The rebels were taking a while to lose, because the United States had other things to worry about and weren’t giving them anything like their full attention. But the Mormons and their pals had to be chewing locoweed if they thought they had a Chinaman’s chance of bailing out of the USA.

Rex Stowe said, “The way things are around here, I don’t even know if I want to come out of the line. Aren’t they likelier to jump us when our guard is down than when we’re looking for it?”

“Who says our guard’s going to be down? I don’t know about you, but I’m still watching all the goddamn time,” Armstrong answered.

Stowe considered, shrugged, and nodded. “You’ve got something there.”
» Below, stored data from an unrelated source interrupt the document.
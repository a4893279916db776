-- ===== src/Lifecycle/Epochs.antt =====
-- apps/controller/src/jobs/lifecycle.ts: the lease epochs fence the earlier attempts of a job.
use remote_build_orchestrato.Common.{
  ℕ, ◌≤◌, ◌<◌, ◌≡◌, sym, subst, inl, inr, Bool, true, List, [], ◌∷◌, ◌++◌, ok, arith,
}
use remote_build_orchestrato.Common.Sort.{In}
use remote_build_orchestrato.Lifecycle.{AttemptRow, Database}
use remote_build_orchestrato.Lifecycle.Writes.{
  greatest, of_job, next_lease_epoch_for_job, create_attempt,
}

le-greatest :
    {A : Type 0} (p : A → Bool) (f : A → ℕ) (rs : List A) (r : A)
    → In r rs
    → p r ≡ true
    → f r ≤ greatest p f rs
le-greatest p f [] r m e = absurd m
le-greatest p f (x ∷ rs) r (inl same) e =
    subst (λ y. f y ≤ greatest p f (x ∷ rs)) (sym same)
      (ground (arith, subst (λ y. p y ≡ true) same e))
le-greatest p f (x ∷ rs) r (inr m) e = ground (arith, le-greatest p f rs r m e)

-- When an attempt is created, it is of its job, is added to the rows that were there, and has an
-- epoch above that of every attempt of the job among them.
pub create_attempt_fences :
    (db : Database) (job ordinal id lease now : ℕ) (row r : AttemptRow)
    → (create_attempt db job ordinal id lease now).1 ≡ ok row
    → In r db.attempts
    → r.job_id ≡ job
    → (row.job_id ≡ job)
      × ((create_attempt db job ordinal id lease now).0.attempts ≡ db.attempts ++ row ∷ [])
      × (r.lease_epoch < row.lease_epoch)
unfolding create_attempt
create_attempt_fences db job ordinal id lease now row r h m e =
    let epoch : row.lease_epoch ≡ next_lease_epoch_for_job db job = ground arith in
    let below = le-greatest (of_job job) AttemptRow.lease_epoch db.attempts r m (ground arith) in
    (ground arith, ground arith, unfold next_lease_epoch_for_job in omega (arith, below, epoch))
On they slogged, past buildings pulverized in the slow, brutal U.S. advance. Armstrong wondered if there’d be enough Mormons left alive to keep their faith going after this rebellion finally got smashed. There had been the last time around, which struck him as a damn shame.

He marched for a solid day to get back to the recuperation center that had sprung up in Thistle, southeast of Provo. That put it out of range of Mormon guns-unless the rebels got sneaky, which they might well do. Barbed wire and machine-gun nests around the center made the place seem like a prisoner-of-war camp, but the guns faced out, not in.

Once inside the perimeter, Armstrong followed signs to a bank of showers and then to a delousing station. The showers were cold. His father had talked about hot water as part of the delousing process, but times had changed. They sprayed him with something that smelled like poison gas instead of boiling him or soaking him or whatever they’d done in his old man’s day.